─── INPUT DATA ───
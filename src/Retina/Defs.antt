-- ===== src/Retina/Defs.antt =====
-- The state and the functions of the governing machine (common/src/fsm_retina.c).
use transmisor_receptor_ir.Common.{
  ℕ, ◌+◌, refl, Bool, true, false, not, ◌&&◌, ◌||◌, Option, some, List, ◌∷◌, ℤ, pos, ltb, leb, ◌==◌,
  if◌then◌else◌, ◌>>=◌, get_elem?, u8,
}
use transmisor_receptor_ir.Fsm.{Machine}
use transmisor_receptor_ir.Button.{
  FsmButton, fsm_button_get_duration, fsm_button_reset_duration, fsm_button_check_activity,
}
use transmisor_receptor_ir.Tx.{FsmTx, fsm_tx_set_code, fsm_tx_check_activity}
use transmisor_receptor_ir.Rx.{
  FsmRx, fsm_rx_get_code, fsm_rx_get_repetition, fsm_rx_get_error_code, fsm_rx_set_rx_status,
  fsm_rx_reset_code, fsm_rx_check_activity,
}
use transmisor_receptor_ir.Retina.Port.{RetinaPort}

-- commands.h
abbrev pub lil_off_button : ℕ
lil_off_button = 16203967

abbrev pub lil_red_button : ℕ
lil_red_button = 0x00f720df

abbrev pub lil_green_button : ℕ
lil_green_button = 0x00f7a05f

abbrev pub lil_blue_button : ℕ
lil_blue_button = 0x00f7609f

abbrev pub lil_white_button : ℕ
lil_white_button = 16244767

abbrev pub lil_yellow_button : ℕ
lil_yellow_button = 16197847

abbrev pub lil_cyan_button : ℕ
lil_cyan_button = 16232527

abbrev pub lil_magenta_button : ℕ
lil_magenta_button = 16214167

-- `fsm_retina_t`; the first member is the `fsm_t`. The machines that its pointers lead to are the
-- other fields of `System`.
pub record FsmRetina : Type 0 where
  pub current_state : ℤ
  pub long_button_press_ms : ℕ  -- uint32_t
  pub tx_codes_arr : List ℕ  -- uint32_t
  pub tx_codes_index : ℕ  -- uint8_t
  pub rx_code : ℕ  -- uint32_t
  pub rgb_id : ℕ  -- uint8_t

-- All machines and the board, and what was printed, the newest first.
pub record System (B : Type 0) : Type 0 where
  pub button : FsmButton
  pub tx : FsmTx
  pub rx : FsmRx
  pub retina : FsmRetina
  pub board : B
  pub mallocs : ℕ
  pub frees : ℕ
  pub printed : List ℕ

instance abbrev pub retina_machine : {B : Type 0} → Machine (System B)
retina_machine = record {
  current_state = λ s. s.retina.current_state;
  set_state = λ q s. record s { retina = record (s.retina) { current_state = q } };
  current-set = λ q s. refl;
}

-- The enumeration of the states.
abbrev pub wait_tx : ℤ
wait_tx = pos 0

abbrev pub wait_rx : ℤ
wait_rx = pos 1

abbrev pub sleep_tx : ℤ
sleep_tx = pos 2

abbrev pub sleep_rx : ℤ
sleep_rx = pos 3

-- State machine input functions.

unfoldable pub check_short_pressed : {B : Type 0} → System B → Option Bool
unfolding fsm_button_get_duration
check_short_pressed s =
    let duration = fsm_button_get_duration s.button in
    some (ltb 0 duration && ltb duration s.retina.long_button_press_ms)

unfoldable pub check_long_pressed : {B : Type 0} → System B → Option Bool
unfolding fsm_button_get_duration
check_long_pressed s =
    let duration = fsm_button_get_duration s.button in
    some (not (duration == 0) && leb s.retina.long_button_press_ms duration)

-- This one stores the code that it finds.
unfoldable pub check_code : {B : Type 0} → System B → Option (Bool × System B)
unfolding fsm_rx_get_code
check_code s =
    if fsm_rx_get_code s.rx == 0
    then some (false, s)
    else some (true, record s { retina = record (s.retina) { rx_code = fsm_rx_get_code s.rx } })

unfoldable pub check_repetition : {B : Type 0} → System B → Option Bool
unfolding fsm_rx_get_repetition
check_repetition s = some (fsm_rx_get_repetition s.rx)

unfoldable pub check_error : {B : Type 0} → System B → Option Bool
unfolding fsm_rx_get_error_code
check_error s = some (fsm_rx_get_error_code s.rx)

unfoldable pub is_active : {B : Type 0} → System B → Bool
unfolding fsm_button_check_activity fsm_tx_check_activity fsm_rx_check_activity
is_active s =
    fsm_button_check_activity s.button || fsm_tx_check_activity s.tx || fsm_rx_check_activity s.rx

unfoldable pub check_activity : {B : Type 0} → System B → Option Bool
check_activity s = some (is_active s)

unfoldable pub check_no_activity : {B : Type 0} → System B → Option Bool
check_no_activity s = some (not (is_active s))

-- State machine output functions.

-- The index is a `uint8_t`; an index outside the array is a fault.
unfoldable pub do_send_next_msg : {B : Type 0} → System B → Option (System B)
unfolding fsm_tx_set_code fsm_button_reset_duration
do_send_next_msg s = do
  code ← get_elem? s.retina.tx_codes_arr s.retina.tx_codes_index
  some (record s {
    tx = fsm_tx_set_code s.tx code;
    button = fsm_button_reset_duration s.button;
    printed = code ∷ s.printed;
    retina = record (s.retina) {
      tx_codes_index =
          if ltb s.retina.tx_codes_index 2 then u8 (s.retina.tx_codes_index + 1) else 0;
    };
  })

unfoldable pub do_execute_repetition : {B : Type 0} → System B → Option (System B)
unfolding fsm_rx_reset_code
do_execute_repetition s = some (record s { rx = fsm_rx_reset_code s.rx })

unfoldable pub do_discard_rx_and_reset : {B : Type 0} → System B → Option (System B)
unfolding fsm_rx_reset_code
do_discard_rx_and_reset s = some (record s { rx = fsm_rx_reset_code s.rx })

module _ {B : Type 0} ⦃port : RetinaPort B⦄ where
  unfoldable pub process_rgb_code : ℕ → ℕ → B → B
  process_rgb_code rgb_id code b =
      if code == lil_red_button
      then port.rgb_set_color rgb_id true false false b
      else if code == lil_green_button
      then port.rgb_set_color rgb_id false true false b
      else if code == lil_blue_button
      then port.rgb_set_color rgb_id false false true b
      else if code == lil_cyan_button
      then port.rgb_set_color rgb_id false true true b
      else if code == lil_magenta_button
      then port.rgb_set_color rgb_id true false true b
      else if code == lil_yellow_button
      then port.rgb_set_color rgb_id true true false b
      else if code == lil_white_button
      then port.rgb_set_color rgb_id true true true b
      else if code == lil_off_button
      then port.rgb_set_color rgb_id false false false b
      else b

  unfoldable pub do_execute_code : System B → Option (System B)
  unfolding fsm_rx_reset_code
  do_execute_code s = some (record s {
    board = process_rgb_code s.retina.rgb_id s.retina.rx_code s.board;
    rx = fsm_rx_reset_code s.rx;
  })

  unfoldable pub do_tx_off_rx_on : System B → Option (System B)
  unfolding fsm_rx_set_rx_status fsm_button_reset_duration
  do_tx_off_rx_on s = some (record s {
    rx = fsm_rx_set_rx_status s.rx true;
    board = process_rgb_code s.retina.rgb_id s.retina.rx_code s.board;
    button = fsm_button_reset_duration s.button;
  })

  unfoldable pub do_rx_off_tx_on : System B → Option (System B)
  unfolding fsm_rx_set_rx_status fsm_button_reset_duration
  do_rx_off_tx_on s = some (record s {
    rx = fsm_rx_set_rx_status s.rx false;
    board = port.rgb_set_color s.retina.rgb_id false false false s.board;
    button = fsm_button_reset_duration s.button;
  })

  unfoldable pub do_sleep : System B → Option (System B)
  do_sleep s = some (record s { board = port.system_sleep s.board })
───
• _INSTRUCTIONS FOR THE TASK_
Your response must consist of every line above, reproduced exactly.

• _OUTPUT FOR THIS TASK_
filename src/Retina/Defs.antt
-- ===== src/Retina/Defs.antt =====
-- The state and the functions of the governing machine (common/src/fsm_retina.c).
use transmisor_receptor_ir.Common.{
  ℕ, ◌+◌, refl, Bool, true, false, not, ◌&&◌, ◌||◌, Option, some, List, ◌∷◌, ℤ, pos, ltb, leb, ◌==◌,
  if◌then◌else◌, ◌>>=◌, get_elem?, u8,
}
use transmisor_receptor_ir.Fsm.{Machine}
use transmisor_receptor_ir.Button.{
  FsmButton, fsm_button_get_duration, fsm_button_reset_duration, fsm_button_check_activity,
}
use transmisor_receptor_ir.Tx.{FsmTx, fsm_tx_set_code, fsm_tx_check_activity}
use transmisor_receptor_ir.Rx.{
  FsmRx, fsm_rx_get_code, fsm_rx_get_repetition, fsm_rx_get_error_code, fsm_rx_set_rx_status,
  fsm_rx_reset_code, fsm_rx_check_activity,
}
use transmisor_receptor_ir.Retina.Port.{RetinaPort}

-- commands.h
abbrev pub lil_off_button : ℕ
lil_off_button = 16203967

abbrev pub lil_red_button : ℕ
lil_red_button = 0x00f720df

abbrev pub lil_green_button : ℕ
lil_green_button = 0x00f7a05f

abbrev pub lil_blue_button : ℕ
lil_blue_button = 0x00f7609f

abbrev pub lil_white_button : ℕ
lil_white_button = 16244767

abbrev pub lil_yellow_button : ℕ
lil_yellow_button = 16197847

abbrev pub lil_cyan_button : ℕ
lil_cyan_button = 16232527

abbrev pub lil_magenta_button : ℕ
lil_magenta_button = 16214167

-- `fsm_retina_t`; the first member is the `fsm_t`. The machines that its pointers lead to are the
-- other fields of `System`.
pub record FsmRetina : Type 0 where
  pub current_state : ℤ
  pub long_button_press_ms : ℕ  -- uint32_t
  pub tx_codes_arr : List ℕ  -- uint32_t
  pub tx_codes_index : ℕ  -- uint8_t
  pub rx_code : ℕ  -- uint32_t
  pub rgb_id : ℕ  -- uint8_t

-- All machines and the board, and what was printed, the newest first.
pub record System (B : Type 0) : Type 0 where
  pub button : FsmButton
  pub tx : FsmTx
  pub rx : FsmRx
  pub retina : FsmRetina
  pub board : B
  pub mallocs : ℕ
  pub frees : ℕ
  pub printed : List ℕ

instance abbrev pub retina_machine : {B : Type 0} → Machine (System B)
retina_machine = record {
  current_state = λ s. s.retina.current_state;
  set_state = λ q s. record s { retina = record (s.retina) { current_state = q } };
  current-set = λ q s. refl;
}

-- The enumeration of the states.
abbrev pub wait_tx : ℤ
wait_tx = pos 0

abbrev pub wait_rx : ℤ
wait_rx = pos 1

abbrev pub sleep_tx : ℤ
sleep_tx = pos 2

abbrev pub sleep_rx : ℤ
sleep_rx = pos 3

-- State machine input functions.

unfoldable pub check_short_pressed : {B : Type 0} → System B → Option Bool
unfolding fsm_button_get_duration
check_short_pressed s =
    let duration = fsm_button_get_duration s.button in
    some (ltb 0 duration && ltb duration s.retina.long_button_press_ms)

unfoldable pub check_long_pressed : {B : Type 0} → System B → Option Bool
unfolding fsm_button_get_duration
check_long_pressed s =
    let duration = fsm_button_get_duration s.button in
    some (not (duration == 0) && leb s.retina.long_button_press_ms duration)

-- This one stores the code that it finds.
unfoldable pub check_code : {B : Type 0} → System B → Option (Bool × System B)
unfolding fsm_rx_get_code
check_code s =
    if fsm_rx_get_code s.rx == 0
    then some (false, s)
    else some (true, record s { retina = record (s.retina) { rx_code = fsm_rx_get_code s.rx } })

unfoldable pub check_repetition : {B : Type 0} → System B → Option Bool
unfolding fsm_rx_get_repetition
check_repetition s = some (fsm_rx_get_repetition s.rx)

unfoldable pub check_error : {B : Type 0} → System B → Option Bool
unfolding fsm_rx_get_error_code
check_error s = some (fsm_rx_get_error_code s.rx)

unfoldable pub is_active : {B : Type 0} → System B → Bool
unfolding fsm_button_check_activity fsm_tx_check_activity fsm_rx_check_activity
is_active s =
    fsm_button_check_activity s.button || fsm_tx_check_activity s.tx || fsm_rx_check_activity s.rx

unfoldable pub check_activity : {B : Type 0} → System B → Option Bool
check_activity s = some (is_active s)

unfoldable pub check_no_activity : {B : Type 0} → System B → Option Bool
check_no_activity s = some (not (is_active s))

-- State machine output functions.

-- The index is a `uint8_t`; an index outside the array is a fault.
unfoldable pub do_send_next_msg : {B : Type 0} → System B → Option (System B)
unfolding fsm_tx_set_code fsm_button_reset_duration
do_send_next_msg s = do
  code ← get_elem? s.retina.tx_codes_arr s.retina.tx_codes_index
  some (record s {
    tx = fsm_tx_set_code s.tx code;
    button = fsm_button_reset_duration s.button;
    printed = code ∷ s.printed;
    retina = record (s.retina) {
      tx_codes_index =
          if ltb s.retina.tx_codes_index 2 then u8 (s.retina.tx_codes_index + 1) else 0;
    };
  })

unfoldable pub do_execute_repetition : {B : Type 0} → System B → Option (System B)
unfolding fsm_rx_reset_code
do_execute_repetition s = some (record s { rx = fsm_rx_reset_code s.rx })

unfoldable pub do_discard_rx_and_reset : {B : Type 0} → System B → Option (System B)
unfolding fsm_rx_reset_code
do_discard_rx_and_reset s = some (record s { rx = fsm_rx_reset_code s.rx })

module _ {B : Type 0} ⦃port : RetinaPort B⦄ where
  unfoldable pub process_rgb_code : ℕ → ℕ → B → B
  process_rgb_code rgb_id code b =
      if code == lil_red_button
      then port.rgb_set_color rgb_id true false false b
      else if code == lil_green_button
      then port.rgb_set_color rgb_id false true false b
      else if code == lil_blue_button
      then port.rgb_set_color rgb_id false false true b
      else if code == lil_cyan_button
      then port.rgb_set_color rgb_id false true true b
      else if code == lil_magenta_button
      then port.rgb_set_color rgb_id true false true b
      else if code == lil_yellow_button
      then port.rgb_set_color rgb_id true true false b
      else if code == lil_white_button
      then port.rgb_set_color rgb_id true true true b
      else if code == lil_off_button
      then port.rgb_set_color rgb_id false false false b
      else b

  unfoldable pub do_execute_code : System B → Option (System B)
  unfolding fsm_rx_reset_code
  do_execute_code s = some (record s {
    board = process_rgb_code s.retina.rgb_id s.retina.rx_code s.board;
    rx = fsm_rx_reset_code s.rx;
  })

  unfoldable pub do_tx_off_rx_on : System B → Option (System B)
  unfolding fsm_rx_set_rx_status fsm_button_reset_duration
  do_tx_off_rx_on s = some (record s {
    rx = fsm_rx_set_rx_status s.rx true;
    board = process_rgb_code s.retina.rgb_id s.retina.rx_code s.board;
    button = fsm_button_reset_duration s.button;
  })

  unfoldable pub do_rx_off_tx_on : System B → Option (System B)
  unfolding fsm_rx_set_rx_status fsm_button_reset_duration
  do_rx_off_tx_on s = some (record s {
    rx = fsm_rx_set_rx_status s.rx false;
    board = port.rgb_set_color s.retina.rgb_id false false false s.board;
    button = fsm_button_reset_duration s.button;
  })

  unfoldable pub do_sleep : System B → Option (System B)
  do_sleep s = some (record s { board = port.system_sleep s.board })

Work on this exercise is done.